§ **Task input**:
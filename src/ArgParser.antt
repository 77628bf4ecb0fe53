-- ===== src/ArgParser.antt =====
-- common/arg_parser.hpp: registering options, the parse of the command line, the queries, and in
-- the child Help the text of `print_help`.
-- A C string is the list of its character codes before the terminating zero, so `a[1] != '\0'` says
-- that there is a second one.
pub mod Laws
pub mod Spelling
pub mod Help
pub mod Tests
use win_udpsharded_echo.Prelude.{
  ℕ, List, [], ◌∷◌, Bool, true, false, Option, none, some, ◌==◌, if◌then◌else◌, Text, codes,
  text_eq, find, emplace, modify,
}

-- The private struct `Option`.
pub record Opt : Type 0 where
  pub short_name : ℕ
  pub default_value : Text
  pub value : Text
  pub takes_value : Bool
  pub set : Bool
  pub description : Text

pub record ArgParser : Type 0 where
  pub opts : List (Text × Opt)
  pub short_to_long : List (Text × Text)

abbrev pub empty_parser : ArgParser
empty_parser = record { opts = []; short_to_long = [] }

-- A short name is 0 where there is none.
unfoldable pub add_option : Text → ℕ → Text → Bool → Text → ArgParser → ArgParser
add_option long_name short_name default_value takes_value description p = record {
  opts =
      emplace long_name
        (record {
          short_name = short_name;
          default_value = default_value;
          value = default_value;
          takes_value = takes_value;
          set = false;
          description = description;
        })
        p.opts;
  short_to_long =
      if short_name == 0
      then p.short_to_long
      else emplace (short_name ∷ []) long_name p.short_to_long;
}

-- The name before the first '=', and what comes after it.
split_eq : Text → Text × Option Text
split_eq [] = ([], none)
split_eq (c ∷ cs) =
    let (key, val) = split_eq cs in if c == b'=' then ([], some cs) else (c ∷ key, val)

pub data Argument : Type 0 where
  long : Text → Text → Argument
  short : ℕ → Argument
  positional : Argument

or_empty : Option Text → Text
or_empty none = []
or_empty (some v) = v

-- `key` and `val` of a long argument.
long_argument : Text → Argument
long_argument name = let (key, val) = split_eq name in long key (or_empty val)

-- The tests on the first two characters.
classify : Text → Argument
classify [] = positional
classify (c ∷ []) = positional
classify (c ∷ e ∷ name) =
    if c == b'-' then if e == b'-' then long_argument name else short e else positional

-- What an argument asks for: nothing, a value for an option, or the next argument for an option.
pub data Action : Type 0 where
  skip : Action
  assign : Text → Text → Action
  expects : Text → Action

long_action : Text → Text → Option Opt → Action
long_action key val none = skip
long_action key [] (some o) = if o.takes_value then expects key else assign key (codes "1")
long_action key (c ∷ cs) (some o) =
    if o.takes_value then assign key (c ∷ cs) else assign key (codes "1")

short_action : Text → Option Opt → Action
short_action key none = skip
short_action key (some o) = if o.takes_value then expects key else assign key (codes "1")

argument_action : ArgParser → Argument → Action
argument_action p (long key val) = long_action key val (find key p.opts)
argument_action p (short c) = elim (find (c ∷ []) p.short_to_long) [
  | none ↦ skip
  | some key ↦ short_action key (find key p.opts)
]
argument_action p positional = skip

action : ArgParser → Text → Action
action p a = argument_action p (classify a)

pub store : Text → Text → ArgParser → ArgParser
store key val p = record p { opts = modify key (λ o. record o { value = val; set = true }) p.opts }

-- The last argument has no next one.
parse_last : ArgParser → Action → ArgParser
parse_last p skip = p
parse_last p (assign key val) = store key val p
parse_last p (expects key) = p

-- The loop over `argv[1..]`.
pub parse : ArgParser → List Text → ArgParser
parse p [] = p
parse p (a ∷ []) = parse_last p (action p a)
parse p (a ∷ next ∷ rest) = elim (action p a) [
  | skip ↦ parse p (next ∷ rest)
  | assign key val ↦ parse (store key val p) (next ∷ rest)
  | expects key ↦ parse (store key next p) rest
]

-- `none` is the exception `std::invalid_argument`.
unfoldable pub value_of : Option Opt → Option Text
value_of none = none
value_of (some o) = some o.value

set_of : Option Opt → Bool
set_of none = false
set_of (some o) = o.set

unfoldable pub get : Text → ArgParser → Option Text
get key p = value_of (find key p.opts)

pub is_set : Text → ArgParser → Bool
is_set key p = set_of (find key p.opts)
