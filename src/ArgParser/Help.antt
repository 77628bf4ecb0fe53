-- ===== src/ArgParser/Help.antt =====
-- `print_help` of common/arg_parser.hpp: the text that it writes. A `std::map` goes through its entries
-- in the order of their keys.
use win_udpsharded_echo.Prelude.{
  ℕ, zero, suc, ◌+◌, ◌-◌, ◌≤◌, ◌≡◌, refl, List, [], ◌∷◌, ◌++◌, Bool, true, false, arith, ltb, ◌==◌,
  if◌then◌else◌, Text, codes, length, length-append,
}
use win_udpsharded_echo.ArgParser.{Opt, ArgParser}

abbrev pub newline : Text
newline = 10 ∷ []

-- The order of `std::string`.
unfoldable pub text_lt : Text → Text → Bool
text_lt [] [] = false
text_lt [] (d ∷ ds) = true
text_lt (c ∷ cs) [] = false
text_lt (c ∷ cs) (d ∷ ds) = if c == d then text_lt cs ds else ltb c d

unfoldable pub insert_row : Text × Opt → List (Text × Opt) → List (Text × Opt)
insert_row r [] = r ∷ []
insert_row r (s ∷ rows) = if text_lt s.0 r.0 then s ∷ insert_row r rows else r ∷ s ∷ rows

unfoldable pub in_order : List (Text × Opt) → List (Text × Opt)
in_order [] = []
in_order (r ∷ rows) = insert_row r (in_order rows)

unfoldable pub optnames : Text × Opt → Text
optnames (long_name, opt) =
    codes "--"
    ++ long_name
    ++ (if opt.short_name == 0 then [] else codes ", -" ++ opt.short_name ∷ [])
    ++ (if opt.takes_value then codes " <value>" else [])

abbrev pub max : ℕ → ℕ → ℕ
max a b = if ltb a b then b else a

-- The widths of the two columns, from those of the rows before.
unfoldable pub opt_col_width : ℕ → List (Text × Opt) → ℕ
opt_col_width w [] = w
opt_col_width w (r ∷ rows) = opt_col_width (max w (length (optnames r))) rows

unfoldable pub def_col_width : ℕ → List (Text × Opt) → ℕ
def_col_width w [] = w
def_col_width w (r ∷ rows) = def_col_width (max w (length r.1.default_value)) rows

unfoldable pub spaces : ℕ → Text
spaces zero = []
spaces (suc n) = b' ' ∷ spaces n

unfoldable pub padding : ℕ → Text → Text
padding width text = if ltb (length text) width then spaces (width - length text) else []

unfoldable pub columns : ℕ → ℕ → Text × Opt → Text
columns opt_width def_width r =
    codes "  "
    ++ optnames r
    ++ padding opt_width (optnames r)
    ++ codes "  Default: "
    ++ padding def_width r.1.default_value
    ++ r.1.default_value

unfoldable pub description_of : Text → Text
description_of [] = []
description_of (c ∷ cs) = codes "  " ++ c ∷ cs

unfoldable pub print_rows : ℕ → ℕ → List (Text × Opt) → Text
print_rows opt_width def_width [] = []
print_rows opt_width def_width (r ∷ rows) =
    columns opt_width def_width r
    ++ description_of r.1.description
    ++ newline
    ++ print_rows opt_width def_width rows

unfoldable pub print_help : Text → ArgParser → Text
print_help program_name p =
    let rows = in_order p.opts in
    codes "Usage: "
    ++ program_name
    ++ codes " [options]"
    ++ newline
    ++ codes "Options:"
    ++ newline
    ++ print_rows (opt_col_width 0 rows) (def_col_width 0 rows) rows
    ++ newline
    ++ codes "Available congestion controllers: null, bbr, reno"
    ++ newline

length-spaces : (n : ℕ) → length (spaces n) ≡ n
unfolding spaces
length-spaces zero = refl
length-spaces (suc n) = omega (arith, length-spaces n)

length-padding :
    (width : ℕ) (text : Text)
    → length text ≤ width
    → length text + length (padding width text) ≡ width
unfolding padding
length-padding width text h = ground (arith, length-spaces (width - length text))

-- A row whose names and default fit the widths has its description, if any, at the same column as
-- every other one: 13 places after both widths.
length-columns :
    (opt_width def_width : ℕ) (r : Text × Opt)
    → length (optnames r) ≤ opt_width
    → length r.1.default_value ≤ def_width
    → length (columns opt_width def_width r) ≡ 13 + opt_width + def_width
unfolding columns
length-columns opt_width def_width r h k =
    let a = length-padding opt_width (optnames r) h in
    let b = length-padding def_width r.1.default_value k in
    let names = codes "  " ++ optnames r in
    let padded = names ++ padding opt_width (optnames r) in
    let labelled = padded ++ codes "  Default: " in
    let aligned = labelled ++ padding def_width r.1.default_value in
    omega (
      arith,
      a,
      b,
      length-append (codes "  ") (optnames r),
      length-append names (padding opt_width (optnames r)),
      length-append padded (codes "  Default: "),
      length-append labelled (padding def_width r.1.default_value),
      length-append aligned r.1.default_value,
    )

abbrev IsAligned : ℕ → ℕ → List (Text × Opt) → Type 0
IsAligned opt_width def_width [] = Unit {0}
IsAligned opt_width def_width (r ∷ rows) =
    (length (columns opt_width def_width r) ≡ 13 + opt_width + def_width)
    × IsAligned opt_width def_width rows

opt_col_width_le : (w : ℕ) (rows : List (Text × Opt)) → w ≤ opt_col_width w rows
unfolding opt_col_width
opt_col_width_le w [] = omega arith
opt_col_width_le w (r ∷ rows) = ground (arith, opt_col_width_le (max w (length (optnames r))) rows)

def_col_width_le : (w : ℕ) (rows : List (Text × Opt)) → w ≤ def_col_width w rows
unfolding def_col_width
def_col_width_le w [] = omega arith
def_col_width_le w (r ∷ rows) =
    ground (arith, def_col_width_le (max w (length r.1.default_value)) rows)

-- The widths that `print_help` computes fit every row, so that all descriptions start at one column.
rows-IsAligned :
    (w v opt_width def_width : ℕ) (rows : List (Text × Opt))
    → opt_col_width w rows ≤ opt_width
    → def_col_width v rows ≤ def_width
    → IsAligned opt_width def_width rows
unfolding opt_col_width def_col_width
rows-IsAligned w v opt_width def_width [] h k = tt
rows-IsAligned w v opt_width def_width (r ∷ rows) h k =
    let w' = max w (length (optnames r)) in
    let v' = max v (length r.1.default_value) in
    (
      length-columns opt_width def_width r (ground (arith, opt_col_width_le w' rows))
          (ground (arith, def_col_width_le v' rows)),
      rows-IsAligned w' v' opt_width def_width rows h k,
    )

§ **Action item**:
The entries above hold a line with "unfoldable pub insert_row" and a later line with "opt_col_width w (r". Write out exactly those lines and all lines between, nothing more.

§ **Answer below**:
unfoldable pub insert_row : Text × Opt → List (Text × Opt) → List (Text × Opt)
insert_row r [] = r ∷ []
insert_row r (s ∷ rows) = if text_lt s.0 r.0 then s ∷ insert_row r rows else r ∷ s ∷ rows

unfoldable pub in_order : List (Text × Opt) → List (Text × Opt)
in_order [] = []
in_order (r ∷ rows) = insert_row r (in_order rows)

unfoldable pub optnames : Text × Opt → Text
optnames (long_name, opt) =
    codes "--"
    ++ long_name
    ++ (if opt.short_name == 0 then [] else codes ", -" ++ opt.short_name ∷ [])
    ++ (if opt.takes_value then codes " <value>" else [])

abbrev pub max : ℕ → ℕ → ℕ
max a b = if ltb a b then b else a

-- The widths of the two columns, from those of the rows before.
unfoldable pub opt_col_width : ℕ → List (Text × Opt) → ℕ
opt_col_width w [] = w
opt_col_width w (r ∷ rows) = opt_col_width (max w (length (optnames r))) rows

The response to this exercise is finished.